## Aim of the exercise
Below are entries. Copy exactly the lines running from the line that holds "start_asked cfg wait pid other f w (ok true, u)" to the line that holds "(λ code g v. LaunchEnds cfg wait code g v) (clear_state_lem", with both ends included.

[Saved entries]
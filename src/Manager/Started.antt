-- ===== src/Manager/Started.antt =====
-- lmrs/manager.py: what an exit code of `start` says.
use vvz_lmrs.Prelude.{
  Exception, ℕ, ◌≡◌, refl, ap, ◌∙◌, String, Bool, true, false, Option, none, some, [], ◌∷◌, Result,
  ok, err, ◌⊎◌, inl, inr, sym, ◌≢◌,
}
use vvz_lmrs.Prelude.Int.{ℤ}
use vvz_lmrs.Prelude.Value.{decimal}
use vvz_lmrs.Lifecycle.{text_or}
use vvz_lmrs.Manager.{Platform, PidFile, missing, holding, done, Run, ◌followed_by◌, calling}
use vvz_lmrs.Manager.State.{
  run_dir, log_dir, Recorded, read_state, config_path, clear_state, write_state,
}
use vvz_lmrs.Manager.Probe.{health_ok}
use vvz_lmrs.Manager.Process.{pid_alive, wait_health}
use vvz_lmrs.Manager.Control.{
  start_at, start_recorded, start_beside, launch_server, spawn, polled, written_state, after_health,
  health_failed, kill_and_clear, open_log, make_dirs,
}
use vvz_lmrs.Manager.After.{
  After, After-followed_by, After-weaken, After-calling, clear_state_lem, kill_and_clear_lem,
  write_state_lem, wait_health_lem,
}
use vvz_lmrs.Manager.Outcomes.{Unrecorded, missing-Unrecorded}

module _ {S : Type 0} (os : Platform S) where
  -- The probe of `/health` passed last, where that was asked for.
  unfoldable pub Healthy : String → Bool → S → Type 0
  Healthy cfg false v = Unit
  Healthy cfg true v = (u : S) × (health_ok os cfg u ≡ (ok true, v))

  -- A server is launched and on record, and healthy where that was asked for.
  unfoldable pub Launched : String → Bool → PidFile → S → Type 0
  unfolding Healthy
  Launched cfg wait g v =
      (pid : ℤ) × ((u : S) × (u' : S) × (os.popen cfg u ≡ (ok pid, u')))
      × (g ≡ holding (decimal pid ∷ cfg ∷ []))
      × Healthy cfg wait v

  unfoldable pub LaunchEnds : String → Bool → ℕ → PidFile → S → Type 0
  unfolding Launched
  LaunchEnds cfg wait code g v = ((code ≡ 0) × Launched cfg wait g v) ⊎ ((code ≡ 1) × Unrecorded g)

  -- The log is open, and the process-id file as it was.
  open_log_lem : (f : PidFile) (w : S) → After (open_log os f w) (λ _ g _. g ≡ f)
  unfolding open_log make_dirs
  open_log_lem f w =
      After-followed_by (make_dirs os f w)
        (λ _ f w. calling f (os.open_log (os.join (log_dir os) "adapter.log") w)) (λ _ g _. g ≡ f)
        (λ _ g _. g ≡ f) (dirs f w)
        λ _ g v e.
          After-weaken (calling g (os.open_log (os.join (log_dir os) "adapter.log") v)) _ _
            (After-calling g (os.open_log (os.join (log_dir os) "adapter.log") v))
            λ _ h _ (_, same). same ∙ e
    where
      dirs : (f : PidFile) (w : S) → After (make_dirs os f w) (λ _ g _. g ≡ f)
      dirs f w =
          After-followed_by (calling f (os.make_dir (run_dir os) w))
            (λ _ f w. calling f (os.make_dir (log_dir os) w)) _ (λ _ g _. g ≡ f)
            (After-calling f (os.make_dir (run_dir os) w))
            λ _ g v (_, e).
              After-weaken (calling g (os.make_dir (log_dir os) v)) _ _
                (After-calling g (os.make_dir (log_dir os) v)) λ _ h _ (_, same). same ∙ e

  spawn_lem :
      (cfg : String) (f : PidFile) (w : S)
      → After (spawn os cfg f w) (λ pid g v. (g ≡ f) × ((u : S) × (os.popen cfg u ≡ (ok pid, v))))
  unfolding spawn
  spawn_lem cfg f w =
      After-followed_by (open_log os f w) (λ _ f w. calling f (os.popen cfg w)) (λ _ g _. g ≡ f)
        (λ pid g v. (g ≡ f) × ((u : S) × (os.popen cfg u ≡ (ok pid, v)))) (open_log_lem f w)
        λ _ g u e.
          After-weaken (calling g (os.popen cfg u)) _ _ (After-calling g (os.popen cfg u))
            λ pid h v (answer, same). (same ∙ e, (u, answer))

  health_failed_lem :
      (cfg : String) (wait : Bool) (pid : ℤ) (f : PidFile) (w : S)
      → After (health_failed os pid f w) (λ code g v. LaunchEnds cfg wait code g v)
  unfolding health_failed LaunchEnds
  health_failed_lem cfg wait pid f w =
      After-followed_by (kill_and_clear os pid f w) (λ _ f w. (done 1, f, w)) (λ _ g _. g ≡ missing)
        (λ code g v. LaunchEnds cfg wait code g v) (kill_and_clear_lem os pid f w)
        λ _ g _ e. inr (refl, missing-Unrecorded g e)

  after_health_lem :
      (cfg : String) (pid : ℤ) (healthy : Bool) (f : PidFile) (u u' w : S)
      → os.popen cfg u ≡ (ok pid, u')
      → f ≡ holding (decimal pid ∷ cfg ∷ [])
      → (healthy ≡ true → (x : S) × (health_ok os cfg x ≡ (ok true, w)))
      → After (after_health os pid healthy f w) (λ code g v. LaunchEnds cfg true code g v)
  unfolding after_health LaunchEnds Launched Healthy
  after_health_lem cfg pid true f u u' w spawned file seen =
      inl (refl, (pid, (u, u', spawned), file, seen refl))
  after_health_lem cfg pid false f u u' w spawned file seen = health_failed_lem cfg true pid f w

  written_state_lem :
      (cfg : String) (wait : Bool) (pid : ℤ) (f : PidFile) (u u' w : S)
      → os.popen cfg u ≡ (ok pid, u')
      → f ≡ holding (decimal pid ∷ cfg ∷ [])
      → After (written_state os cfg wait pid f w) (λ code g v. LaunchEnds cfg wait code g v)
  unfolding written_state LaunchEnds Launched Healthy
  written_state_lem cfg false pid f u u' w spawned file =
      inl (refl, (pid, (u, u', spawned), file, tt))
  written_state_lem cfg true pid f u u' w spawned file =
      After-followed_by (wait_health os cfg 45_000 f w) (after_health os pid)
        (λ healthy g v. (g ≡ f) × (healthy ≡ true → (x : S) × (health_ok os cfg x ≡ (ok true, v))))
        (λ code g v. LaunchEnds cfg true code g v) (wait_health_lem os cfg 45_000 f w)
        λ healthy g v (same, seen).
          after_health_lem cfg pid healthy g u u' v spawned (same ∙ file) seen

  polled_lem :
      (cfg : String) (wait : Bool) (pid : ℤ) (f : PidFile) (u u' : S) (a : Option ℤ × S)
      → os.popen cfg u ≡ (ok pid, u')
      → Unrecorded f
      → After (polled os cfg wait pid f a) (λ code g v. LaunchEnds cfg wait code g v)
  unfolding polled LaunchEnds
  polled_lem cfg wait pid f u u' (some _, w) spawned empty = inr (refl, empty)
  polled_lem cfg wait pid f u u' (none, w) spawned empty =
      After-followed_by (write_state os pid cfg f w) (λ _. written_state os cfg wait pid)
        (λ _ g _. g ≡ holding (decimal pid ∷ cfg ∷ [])) (λ code g v. LaunchEnds cfg wait code g v)
        (write_state_lem os pid cfg f w)
        λ _ g v file. written_state_lem cfg wait pid g u u' v spawned file

  launch_lem :
      (cfg : String) (wait : Bool) (f : PidFile) (w : S)
      → Unrecorded f
      → After (launch_server os cfg wait f w) (λ code g v. LaunchEnds cfg wait code g v)
  unfolding launch_server
  launch_lem cfg wait f w empty =
      After-followed_by (spawn os cfg f w)
        (λ pid f w. polled os cfg wait pid f (os.poll pid (os.sleep 400 w)))
        (λ pid g v. (g ≡ f) × ((u : S) × (os.popen cfg u ≡ (ok pid, v))))
        (λ code g v. LaunchEnds cfg wait code g v) (spawn_lem cfg f w)
        λ pid g v (same, (u, spawned)).
          polled_lem cfg wait pid g u v (os.poll pid (os.sleep 400 v)) spawned
            (ap (λ f. (read_state f).0) same ∙ empty)

  -- With a living process on record nothing is launched; else the launch says how it ended.
  unfoldable pub StartEnds : String → Bool → Recorded → PidFile → S → Run S ℕ → Type 0
  unfolding LaunchEnds
  StartEnds cfg wait (none, _) f w run = After run (λ code g v. LaunchEnds cfg wait code g v)
  StartEnds cfg wait (some pid, _) f w run =
      ((u : S) × (pid_alive os pid w ≡ (ok true, u)) × (run ≡ (done 1, f, u)))
      ⊎ (((pid_alive os pid w).0 ≢ ok true) × After run (λ code g v. LaunchEnds cfg wait code g v))

  refused_true : {x : Exception} → err x ≡ ok true → ⊥
  refused_true e = cc

  clash : ok false ≡ ok true → ⊥
  clash e = cc

  start_asked :
      (cfg : String) (wait : Bool) (pid : ℤ) (other : Option String) (f : PidFile) (w : S)
      (a : Result Bool × S)
      → pid_alive os pid w ≡ a
      → StartEnds cfg wait (some pid, other) f w (calling f a followed_by start_beside os cfg wait)
  unfolding StartEnds start_beside
  start_asked cfg wait pid other f w (err x, u) e =
      inr (λ same. refused_true (sym (ap (λ r. r.0) e) ∙ same), tt)
  start_asked cfg wait pid other f w (ok true, u) e = inl (u, e, refl)
  start_asked cfg wait pid other f w (ok false, u) e = inr (
    λ same. clash (sym (ap (λ r. r.0) e) ∙ same),
    After-followed_by (clear_state os f u) (λ _. launch_server os cfg wait) (λ _ g _. g ≡ missing)
        (λ code g v. LaunchEnds cfg wait code g v) (clear_state_lem os f u)
        λ _ g v gone. launch_lem cfg wait g v (missing-Unrecorded g gone),
  )

  start_recorded_lem :
      (cfg : String) (wait : Bool) (r : Recorded) (f : PidFile) (w : S)
      → (read_state f).0 ≡ r.0
      → StartEnds cfg wait r f w (start_recorded os cfg wait r f w)
  unfolding start_recorded StartEnds
  start_recorded_lem cfg wait (none, _) f w e = launch_lem cfg wait f w e
  start_recorded_lem cfg wait (some pid, other) f w e =
      start_asked cfg wait pid other f w (pid_alive os pid w) refl

  -- A start with a living process on record ends with 1, and does no more than ask for the process.
  -- Any other start that returns ends with 0 or 1: with 0 the file names the process that it
  -- launched and the configuration path, and, where waiting was asked for, `/health` passed last;
  -- with 1 the file records no process.
  pub start_ends :
      (cfg : Option String) (wait : Bool) (f : PidFile) (w : S)
      → StartEnds (text_or cfg (config_path os)) wait (read_state f) f w (start_at os cfg wait f w)
  unfolding start_at
  start_ends cfg wait f w =
      start_recorded_lem (text_or cfg (config_path os)) wait (read_state f) f w refl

## Result of this task
  start_asked cfg wait pid other f w (ok true, u) e = inl (u, e, refl)
  start_asked cfg wait pid other f w (ok false, u) e = inr (
    λ same. clash (sym (ap (λ r. r.0) e) ∙ same),
    After-followed_by (clear_state os f u) (λ _. launch_server os cfg wait) (λ _ g _. g ≡ missing)
        (λ code g v. LaunchEnds cfg wait code g v) (clear_state_lem os f u)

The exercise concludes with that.